3.5 Image Segmentation
The term image segmentation refers to the partitioning of an image into a set of regions according to a given criterion. Regions may also be defined as a group of pixels having both a border and a particular shape such as circle, ellipse, or polygon. Image segmentation is a very important tool in many image processing and computer vision problems. Division of the image into regions corresponding to objects of interests is necessary before any processing can be done at a higher level than that of the pixel. Most image segmentation algorithms are modification, extension or combination of two basic concepts. The two basic concepts are the measure of homogeneity within themselves and the measure of contrast with the objects on their border. Image segmentation techniques can be divided into three main categories: (1) region growing and shrinking, (2) clustering methods, and (3) boundary detection (Umbaugh, 2005). 3.5.1 Region Growing Technique The region growing and shrinking methods use the row and column based image domain. The seed based region growing is a bottom up segmentation approach (Yakimovsky, 1976). A seed point within the region of interest is selected and the adjacent pixels which satisfy the homogeneity property is added. This process will output a single connected region in the image. To fully partition the image into N regions, seed points must be selected in each region and the region growing process must be repeated N times. The selection of seed points for region growing is often accomplished by manually selecting the points within the objects of interest. With this process of selecting seed points, it does ensure that the resulting object meets the needs of the application. An alternative is to automatically scan the image in acquiring the
seed points based on some expected properties in the region of interest. Local intensity maxima was usually used as a seed point since majority of the image have a brighter objects than their background. Once a seed point (x,y) is identified, the neighbors of that point (x+1,y), (x-1,y), (x,y+1) and (x,y-1) will be examined to see which belong in the region. All pixels whose colour is within the radius Rmax of the mean region colour cr are part of the region, then these points should be added to the region and their neighbors are next to be considered. As the region grows, the list of adjacent pixels will also grow. The region will stop growing when all of the neighboring pixels lie outside the colour radius Rmax (Sangwine, 1998). 3.5.2 Clustering Techniques Clustering technique is an image segmentation method wherein individual elements are placed into groups. These groups are based on some measure of similarity within the group. The major difference of clustering technique with the region growing technique is that domains other than the row and column (x,y), based image space (the spatial domain) may be considered as the primary domain for clustering. Other domains include color spaces, histogram spaces, or complex feature spaces. The process starts by looking for clusters in the domain (mathematical space) of interest. The simplest method is to divide the space of interest into regions by selecting the center or median along each dimension and splitting it there. This method is used in the center and median segmentation algorithms. This method will only be effective if the space we are using and the entire algorithm is
designed intelligently because the center or median split alone may not find good clusters. 3.5.3 Boundary Detection Boundary detection is performed by finding the boundaries between objects, thus indirectly defining the objects. The process starts by marking points that may be a part of an edge. These points are then merged into line segments, and the line segments are then merged into object boundaries. Edge detectors are used to mark points of rapid change, thus indicating the possibility of an edge. These edge points represent local discontinuities in specific terms, such as brightness, color or texture. After the detection of edges the next step is to threshold the results. One method is to consider the histogram of the edge detection results, looking for the best valley manually. Edge detection threshold method works best with a bimodal (two peaks) histogram (Umbaugh, 2005).
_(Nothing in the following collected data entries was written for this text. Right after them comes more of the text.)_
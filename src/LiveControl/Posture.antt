-- ===== src/LiveControl/Posture.antt =====
-- The posture that the operator is shown, against what is admitted; arming; and the failure limit.
use bobby_execute.Base.{
  ℕ, ◌+◌, ◌≤◌, String, ◌≡◌, refl, Bool, true, false, ◌&&◌, Option, [], ◌∷◌, length, length-append,
  if◌then◌else◌, ◌↔◌, Bool-cases, inl, inr, arith,
}
use bobby_execute.KillSwitch.{is_kill_switch_halted}
use bobby_execute.LiveControl.Types.{
  live, live_blocked, live_armed, live_disarmed, MicroLiveCaps, TradeIntent, LiveExecutionAttempt,
  Message,
}
use bobby_execute.LiveControl.Config.{
  Env, Try, returns, throws, is_live_test_mode_enabled, read_execution_mode, read_rollout_posture,
  read_caps,
}
use bobby_execute.LiveControl.State.{Host, cleaned, cleanup_counters, is_terminal_round_status}
use bobby_execute.LiveControl.Snapshot.{is_allowed, evaluate_posture, respond}
use bobby_execute.LiveControl.Operator.{arm_with_caps, arm_under, arm_micro_live, permits_live}
use bobby_execute.LiveControl.Intents.{
  evaluate_micro_live_intent, finalize_with, finalize_micro_live_intent,
}
use bobby_execute.LiveControl.Admission.{evaluate-Admissible}
use bobby_execute.LiveControl.Conditions.{Admissible}

-- While a live intent is admissible the posture reads armed or disarmed, as the control is, unless
-- the live-test round has ended: then it reads blocked, although the intent is admitted.
pub posture-Admissible :
    (intent : TradeIntent) (env : Env) (h : Host) (caps : MicroLiveCaps) (n : ℕ)
    → Admissible intent env h caps n
    → let mode = read_execution_mode env in
      evaluate_posture mode (read_rollout_posture env mode) h ≡ (
        if is_terminal_round_status h.control.round_status
        then live_blocked
        else if h.control.armed
        then live_armed
        else live_disarmed)
unfolding evaluate_posture cleaned
posture-Admissible intent env h caps n a = ground (
  arith, a.deployed.is_live_mode, a.deployed.valid, a.deployed.not_paper, a.deployed.not_paused,
  a.unhalted, a.ready.unblocked, a.ready.staged,
)

-- What arming checks.
pub record Armable (env : Env) (h : Host) : Type 0 where
  pub in_live_mode : read_execution_mode env ≡ live
  pub round_open :
      (is_live_test_mode_enabled env && is_terminal_round_status h.control.round_status) ≡ false
  pub permitted : permits_live (read_rollout_posture env (read_execution_mode env)) ≡ true
  pub caps : MicroLiveCaps
  pub configured : read_caps env ≡ returns caps
  pub unhalted : is_kill_switch_halted h.kill_switch ≡ false

respond_flags :
    (env : Env) (b : Bool) (m : Message) (h : Host)
    → ((respond env b m h).1.success ≡ b)
      × ((respond env b m h).0.control.armed ≡ h.control.armed)
      × ((respond env b m h).0.control.blocked ≡ h.control.blocked)
      × ((respond env b m h).0.control.round_status ≡ h.control.round_status)
unfolding respond cleanup_counters cleaned
respond_flags env b m h = ground arith

arm_with_caps_flags :
    (actor : String) (env : Env) (config : Try MicroLiveCaps) (h : Host)
    → (arm_with_caps actor env config h).1.success ≡ true
    → (caps : MicroLiveCaps) × (config ≡ returns caps)
      × (is_kill_switch_halted h.kill_switch ≡ false)
      × ((arm_with_caps actor env config h).0.control.armed ≡ true)
      × ((arm_with_caps actor env config h).0.control.blocked ≡ false)
      × ((arm_with_caps actor env config h).0.control.round_status ≡ h.control.round_status)
unfolding arm_with_caps
arm_with_caps_flags actor env (throws e) h s = absurd (grind (arith, respond_flags))
arm_with_caps_flags actor env (returns caps) h s = (
  caps,
  refl,
  grind (arith, respond_flags),
  grind (arith, respond_flags),
  grind (arith, respond_flags),
  grind (arith, respond_flags),
)

arm_flags :
    (actor : String) (env : Env) (h : Host)
    → (arm_micro_live actor env h).1.success ≡ true
    → (read_execution_mode env ≡ live)
      × ((is_live_test_mode_enabled env && is_terminal_round_status h.control.round_status) ≡ false)
      × (permits_live (read_rollout_posture env (read_execution_mode env)) ≡ true)
      × (arm_micro_live actor env h ≡ arm_with_caps actor env (read_caps env) h)
unfolding arm_micro_live arm_under
arm_flags actor env h s = (
  grind (arith, respond_flags),
  grind (arith, respond_flags),
  grind (arith, respond_flags),
  grind (arith, respond_flags),
)

success-Armable :
    (actor : String) (env : Env) (h : Host)
    → (arm_micro_live actor env h).1.success ≡ true
    → Armable env h
success-Armable actor env h s =
    let (m, r, p, e) = arm_flags actor env h s in
    let (caps, c, k, a, b, t) = arm_with_caps_flags actor env (read_caps env) h (rw (← e) s) in
    record {
      in_live_mode = m;
      round_open = r;
      permitted = p;
      caps = caps;
      configured = c;
      unhalted = k;
    }

Armable-success :
    (actor : String) (env : Env) (h : Host)
    → Armable env h
    → (arm_micro_live actor env h).1.success ≡ true
unfolding arm_micro_live arm_under arm_with_caps respond
Armable-success actor env h a =
    ground (arith, a.in_live_mode, a.round_open, a.permitted, a.configured, a.unhalted)

-- Arming succeeds exactly when the deployment is live, the live-test round (in live-test mode) has
-- not ended, the rollout posture is valid and permits live operation, the caps can be read, and the
-- kill switch is off.
pub arm_iff :
    (actor : String) (env : Env) (h : Host)
    → ((arm_micro_live actor env h).1.success ≡ true) ↔ Armable env h
arm_iff actor env h = (success-Armable actor env h, Armable-success actor env h)

-- A successful arm leaves the control armed, not blocked, and the live-test round as it was.
pub arm_armed :
    (actor : String) (env : Env) (h : Host)
    → (arm_micro_live actor env h).1.success ≡ true
    → let s = (arm_micro_live actor env h).0.control in
      (s.armed ≡ true) × (s.blocked ≡ false) × (s.round_status ≡ h.control.round_status)
arm_armed actor env h s =
    let (m, r, p, e) = arm_flags actor env h s in
    let (caps, c, k, a, b, t) = arm_with_caps_flags actor env (read_caps env) h (rw (← e) s) in
    (rw e a, rw e b, rw e t)

failed_flags :
    (caps : MicroLiveCaps) (a : LiveExecutionAttempt) (code : Option String) (now : ℕ) (h : Host)
    → caps.failures_to_block ≤ length (cleaned now caps h.control).recent_failure_at_ms + 1
    → let s = (finalize_with caps a false code now h).control in
      (s.blocked ≡ true) × (s.armed ≡ false) × (s.manual_rearm_required ≡ true)
unfolding finalize_with cleanup_counters
failed_flags caps a code now h le =
    ground (arith, length-append (cleaned now caps h.control).recent_failure_at_ms (now ∷ []))

blocked-refused :
    (intent : TradeIntent) (env : Env) (h : Host)
    → h.control.blocked ≡ true
    → intent.execution_mode ≡ live
    → is_allowed (evaluate_micro_live_intent intent env h).1 ≡ false
unfolding cleaned
blocked-refused intent env h k l =
    elim (Bool-cases (is_allowed (evaluate_micro_live_intent intent env h).1)) [
      | inl e ↦
          let (caps, n, a) = evaluate-Admissible intent env h l e in
          absurd (ground (arith, a.ready.unblocked))
      | inr e ↦ e
    ]

-- A failed execution that brings the failures of the window (this one included) up to the limit
-- blocks and disarms the control, and no live intent is admitted from the state that it leaves.
pub finalize-evaluate :
    (caps : MicroLiveCaps) (a : LiveExecutionAttempt) (code : Option String) (env : Env) (h : Host)
    (intent : TradeIntent) (later : Env)
    → read_caps env ≡ returns caps
    → caps.failures_to_block ≤ length (cleaned env.now_ms caps h.control).recent_failure_at_ms + 1
    → intent.execution_mode ≡ live
    → let h' = finalize_micro_live_intent a false code env h in
      (h'.control.blocked ≡ true)
      × (h'.control.armed ≡ false)
      × (is_allowed (evaluate_micro_live_intent intent later h').1 ≡ false)
unfolding finalize_micro_live_intent
finalize-evaluate caps a code env h intent later c le l =
    let (b, d, m) = failed_flags caps a code env.now_ms h le in
    rw c (b, d, blocked-refused intent later _ b l)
3.6 OpenCV Intel developed an open source computer vision library named OpenCV which intended for use, incorporation and modification by researchers, commercial software developers, government and camera vendors as reflected in the license. OpenCV Library is a collection of algorithms and sample codes for various computer vision problems. This library is cross-platformed, and runs both on Windows and Linux Operating Systems. It focuses mainly towards real-time image processing with applications in areas of Human Computer Interaction (HCI), object identification, face recognition, gesture
recognition, motion tracking, and mobile robotics. The philosophy behind the creation of the said library is to aid commercial uses of computer vision in human-computer interface, robotics, monitoring, biometrics and security by providing a free and open infrastructure where the distributed efforts of the vision community can be consolidated and performance optimized. 3.6.1 Advantages of Using OpenCV Library The software provides a set of image processing functions as well as image and pattern analysis functions. The functions are optimized for Intel® architecture processors, and are particularly effective at taking advantage of MMX™ technology. The OpenCV Library is a way of establishing an open source vision community that will make better use of up-to-date opportunities to apply computer vision in the growing PC environment. The Library is open and has platform-independent interface and supplied with whole C sources. 3.6.2 Relation Between OpenCV and Other Libraries OpenCV is designed to be used together with Intel® Image Processing Library (IPL) on which the latter extends the functionality toward image and pattern analysis. It also uses Intel® Integrated Performance Primitives (IPP) on lower-level, which provides cross-platform interface to highly-optimized lowlevel functions that perform image processing and computer vision operations. OpenCV can automatically benefit from using IPP on platforms like IA32, IA 64 and StrongARM. 3.6.3 Data Types Supported
To make OpenCV API simpler and more uniform, few fundamental types helper data types are introduced. The fundamental data types include array-like types: “IplImage”(IPL image), “CvMat” (matrix), growable and mixed type collections: “CvSeq”, “CvSet”, “CvGraph” and “CvHistogram” (multidimensional histogram). Helper data types include: “CvPoint” (2d point), “CvSize”(width and height), ”CvTermCriteria” (termination criteria for iteration), “CvMoments” (spatial moments) and many others.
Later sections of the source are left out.